In another, participants were told that those with the highest dice rolls would win $50 in cash. People making $150,000 per year were four times as likely to lie about their results as those making $15,000 per year.
And wealthier subjects were more likely to lie in simulated negotiations and to approve of stealing at work.
It seems that the rich are not only deficient in morality, but, inextricably, in empathy and compassion as well. This is not just inferred from such evidence as the National Center for Charitable Statistics’ finding that households earning less than $50,000 per year give a 60% higher proportion of their income to charity than those earning $200,000 to $250,000.
It comes from clinical experiments. University of Toronto researchers showed subjects videos of child cancer patients. Lower-income viewers more powerfully manifested the physiological responses associated with compassion than did higher-income subjects.
University of North Carolina researchers used MRI technology to actually record the brain activity of subjects viewing photos of human faces and hearing their personal stories. The region of the brain associated with empathy was much less active for wealthier subjects that for poorer subjects.
And researchers at Yale found that lower-income subjects were much better at empathic accuracy, that is, reading others’ emotions in real time.
The absence of empathy is an essential characteristic of psychopaths. Indeed, a German experiment in which stock market traders participated in the same computer simulation as psychopaths in high-security hospitals found that the stock traders’ behavior was “more reckless and manipulative” than the psychopaths’.
Other studies find that higher income people are more likely to shoplift, commit adultery, and indulge in a range of vices. But you get the idea.
Add to all these studies what Harvard Business School’s Michael Norton found out when he asked multimillionaires and billionaires how much more money they would need to be happier. “All said that they needed two to three times more than they had to feel happier.”
Add to that the finding that the wealthy tend to believe that they enjoy their superior status because they are innately superior and were born that way.
Now put it all in the context of ever increasing inequality, moving toward plutocracy.
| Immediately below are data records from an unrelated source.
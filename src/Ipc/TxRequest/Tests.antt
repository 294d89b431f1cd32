-- ===== src/Ipc/TxRequest/Tests.antt =====
-- A transmit request of two parts, on a channel with a virtual interrupt.
use enb_l1_b4860_ppc.Common.{ℕ, ◌+◌, Bool, true, false, List, [], ◌∷◌}
use enb_l1_b4860_ppc.Channel.{Channel, virtual_int, initialized}
use enb_l1_b4860_ppc.Ipc.{Ipc, no_channel}
use enb_l1_b4860_ppc.Dma.{Dma}
use enb_l1_b4860_ppc.Ipc.TxRequest.{SgEntry, TxState}

abbrev engine : Dma
engine = record {
  list_index = 0;
  phys_addr = 0x10000;
  dma_list =
      λ i. record { sattr = 0; src = 0; dattr = 0; dest = 0; enlndar = 0; nlndar = 0; length = 0 };
  sr = 0;
  mr = 0;
  clndar = 0;
  eclndar = 0;
}

abbrev tx : TxState
tx = record {
  txreq_tb_lbuff_paddr = 0x8000;
  max_txreq_lbuff_size = 0x1000;
  dsp_ccsr_phys = 0xf00000000;
  udma = engine;
  txreq_inprocess = false;
}

abbrev channel : Channel
channel = record no_channel {
  producer_initialized = initialized;
  consumer_initialized = initialized;
  bd_ring_size = 2;
  bds = record { msg_ptr = 0x100; msg_len = 0 } ∷ record { msg_ptr = 0x600; msg_len = 0 } ∷ [];
  ipc_ind = virtual_int;
}

abbrev ipc : Ipc
ipc = record {
  channels = channel ∷ [];
  us_channels = [];
  max_depth = 16;
  max_channels = 1;
  dsp_ccsr_vaddr = 0;
  memory = λ a. 0;
  registers = [];
}

abbrev parts : List SgEntry
parts =
    record { src_addr = 0x3000; len = 100; is_tb_start = true; is_valid = true }
    ∷ record { src_addr = 0x4000; len = 60; is_tb_start = false; is_valid = true }
    ∷ record { src_addr = 0; len = 0; is_tb_start = false; is_valid = false }
    ∷ []

abbrev unlocked : ℕ → Bool
unlocked id = true

abbrev mapped : ℕ → ℕ
mapped a = a + 0x40000000

abbrev channel_paddr : ℕ → ℕ
channel_paddr id = 0x70000
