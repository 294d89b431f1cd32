-- ===== src/Phy.antt =====
-- l2_fapi_generator/phy/phy_common.c: how the generator of L2 messages keeps the time of the air
-- interface and fills the requests of a TTI. Of an array with its count the model has the entries
-- that count. Of a PDU it has the fields that these functions read or write, and `content` for the
-- others.
pub mod Time
pub mod Bch
pub mod Pdsch
pub mod Round
mod Tests
use Prim.Native.Nat.{bit_or}
use enb_l1_b4860_ppc.Common.{
  ℕ, ◌+◌, ◌-◌, ◌*◌, ◌/◌, ◌%◌, ◌^◌, Bool, List, [], ◌∷◌, ◌++◌, ◌==◌, if◌then◌else◌, leb, not, ◌&&◌,
  bit_and, word_mod, add32,
}

-- The time fields of `enb_4g_phy_proc_t`; the two abs_tti have 64 bits, the others 32.
pub record Clock : Type 0 where
  pub tti_tx : ℕ
  pub frame_tx : ℕ
  pub sf_tx : ℕ
  pub tti_rx : ℕ
  pub frame_rx : ℕ
  pub sf_rx : ℕ
  pub tti_sched_ul : ℕ
  pub frame_sched_ul : ℕ
  pub sf_sched_ul : ℕ
  pub abs_tti_tx : ℕ
  pub abs_tti_rx : ℕ

-- One of the helper TTIs: set if it is not at `tti`, else advanced.
unfoldable pub next_abs : ℕ → ℕ → ℕ
next_abs abs tti = if abs % 10240 == tti then (abs + 1) % 2 ^ 64 else tti

-- `phy_common_set_time`
unfoldable pub set_time : Clock → ℕ → ℕ → Clock
unfolding next_abs
set_time c frame subframe =
    let tx = (frame * 10 + subframe) % word_mod in
    let rx = if leb 4 tx then tx - 4 else (10240 + tx - 4) % word_mod in
    let ul = add32 tx 4 % 10240 in
    record {
      tti_tx = tx;
      frame_tx = frame;
      sf_tx = subframe;
      tti_rx = rx;
      frame_rx = rx / 10;
      sf_rx = rx % 10;
      tti_sched_ul = ul;
      frame_sched_ul = ul / 10;
      sf_sched_ul = ul % 10;
      abs_tti_tx = next_abs c.abs_tti_tx tx;
      abs_tti_rx = next_abs c.abs_tti_rx rx;
    }

-- FAPI_DL_CONFIG_DCI_DL_PDU_TYPE, FAPI_DL_CONFIG_BCH_PDU_TYPE, FAPI_DL_CONFIG_DLSCH_PDU_TYPE
abbrev pub dci_dl_pdu_type : ℕ
dci_dl_pdu_type = 0

abbrev pub bch_pdu_type : ℕ
bch_pdu_type = 1

abbrev pub dlsch_pdu_type : ℕ
dlsch_pdu_type = 3

-- `fapi_dl_config_request_pdu_t`; `pdu_index` and `length` are those of its BCH or DLSCH part.
pub record DlPdu : Type 0 where
  pub pdu_type : ℕ
  pub pdu_index : ℕ
  pub length : ℕ
  pub content : ℕ

-- `fapi_tx_request_pdu_t`
pub record TxPdu : Type 0 where
  pub pdu_index : ℕ
  pub pdu_length : ℕ
  pub content : ℕ

-- The requests of a TTI, `scheduler_dl_config_request_t`, with `tx_pdu_index` of the process. Each list
-- has at most the 64 entries of its array: the code does not compare, and one more, which would be
-- written over the next array, is left out.
pub record Requests : Type 0 where
  pub dl_config_dci_list : List DlPdu
  pub dl_config_pdu_list : List DlPdu
  pub tx_request_pdu_list : List TxPdu
  pub tx_pdu_index : ℕ

-- What a stimulus gives: `l2_fapi_generator_stim_item_t`, its PDUs with their transmit requests, and
-- of the PDUs of the uplink, which are only copied, their contents.
pub record StimItem : Type 0 where
  pub tti : ℕ
  pub number_pdcch_ofdm_symbols : ℕ
  pub dcis : List DlPdu
  pub pdus : List (DlPdu × TxPdu)
  pub ul_pdus : List ℕ

-- The configuration of the cell that the BCH tells of.
pub record Cell : Type 0 where
  pub dl_channel_bandwidth : ℕ
  pub phich_duration : ℕ
  pub phich_resource : ℕ

-- The code of a bandwidth in the first byte.
unfoldable pub bandwidth_code : ℕ → ℕ
bandwidth_code n =
    if n == 6
    then 0
    else if n == 15
    then 1
    else if n == 25
    then 2
    else if n == 50
    then 3
    else if n == 100
    then 4
    else 2

-- The first two bytes of `pbch_pdu`; the third is 0.
unfoldable pub pbch_first : Cell → ℕ → ℕ
unfolding bandwidth_code
pbch_first cell frame =
    bit_or
      (bit_or
        (bit_or (bandwidth_code cell.dl_channel_bandwidth * 32)
          (bit_and (cell.phich_duration * 16) 0x10))
        (cell.phich_resource * 4 % 256))
      (bit_and (frame / 256) 3)

unfoldable pub pbch_second : ℕ → ℕ
pbch_second frame = bit_and frame 0xfc

-- The PDU for the BCH and its transmit request; `content` of the latter says where its one member of
-- three bytes is.
abbrev pub bch_pdu : ℕ → DlPdu
bch_pdu i = record { pdu_type = bch_pdu_type; pdu_index = i; length = 3; content = 0 }

abbrev pub bch_tx : ℕ → ℕ → TxPdu
bch_tx i pbch_at = record { pdu_index = i; pdu_length = 3; content = pbch_at }

-- `phy_common_encode_bch`: the bytes in `pbch_pdu`, at `pbch_at`, and the requests.
unfoldable pub encode_bch : Cell → ℕ → Clock → List ℕ → Requests → List ℕ × Requests
unfolding pbch_first pbch_second
encode_bch cell pbch_at c bytes r =
    if not (c.sf_tx == 0)
    then (bytes, r)
    else if bit_and c.frame_tx 3 == 0
    then (
      pbch_first cell c.frame_tx ∷ pbch_second c.frame_tx ∷ 0 ∷ [],
      record r {
        dl_config_pdu_list = r.dl_config_pdu_list ++ (bch_pdu r.tx_pdu_index ∷ []);
        tx_request_pdu_list = r.tx_request_pdu_list ++ (bch_tx r.tx_pdu_index pbch_at ∷ []);
        tx_pdu_index = add32 r.tx_pdu_index 1;
      },
    )
    else (bytes, r)

-- `phy_common_encode_pdcch_dl`
unfoldable pub encode_pdcch_dl : List DlPdu → Requests → Requests
encode_pdcch_dl [] r = r
encode_pdcch_dl (p ∷ ps) r = encode_pdcch_dl ps (
    if p.pdu_type == dci_dl_pdu_type
    then record r { dl_config_dci_list = r.dl_config_dci_list ++ (p ∷ []) }
    else r)

-- One DLSCH PDU and its transmit request, with the next index.
abbrev pub add_dlsch : DlPdu → TxPdu → Requests → Requests
add_dlsch p t r = record r {
  dl_config_pdu_list = r.dl_config_pdu_list ++ (record p { pdu_index = r.tx_pdu_index } ∷ []);
  tx_request_pdu_list = r.tx_request_pdu_list ++ (record t { pdu_index = r.tx_pdu_index } ∷ []);
  tx_pdu_index = add32 r.tx_pdu_index 1;
}

-- `phy_common_encode_pdsch`
unfoldable pub encode_pdsch : List (DlPdu × TxPdu) → Requests → Requests
encode_pdsch [] r = r
encode_pdsch ((p, t) ∷ ps) r =
    encode_pdsch ps (if p.pdu_type == dlsch_pdu_type then add_dlsch p t r else r)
This trend has taken us from a political economy in which the poor and middle class saw the largest income growth before Ronald Reagan took office, to the polar opposite today.
Add to that context a billionaire president who embodies all these traits, who cheats his contractors and business partners, runs cons like Trump University, lies whenever he’s not reading from a teleprompter, seeks to humiliate anyone who disagrees with him, and brags about sexually assaulting women.
If wealth makes people less empathetic and less moral while they remain certain of their own virtue, what help with making a better world can we expect from those who have the most power and resources to accomplish it? And what should we do about that?
Right on Bill. Couldn’t agree more. My father worked for the Salvation Army (he was not a Salvationist, but a civilian employee/social worker). I used to help him set up all the bell ringer/Christmas Kettle spots all over Central and Western MA. I spent hours watching people exit grocery stores and department stores. Almost without variance, people with less money put more money, more frequently into the Christmas Kettles than people with more money by a long shot.
a friends daughter worked at a Friendly’s near NH border. A NH family came in weekly and always left a good ($3-5) tip. After they won MA Lotto they came in and left a 50 cent tip. She gave it back to them and said they need it more than her. Dem dat has getz! Let us hope in the end that family really gets it back.
Knew another person who over period of years showed her boss how to get federal grant money and electrical power rebates, plus other ways to make more $$ for the company. What did this person get back… a layoff notice even though there were many more employees with less seniority.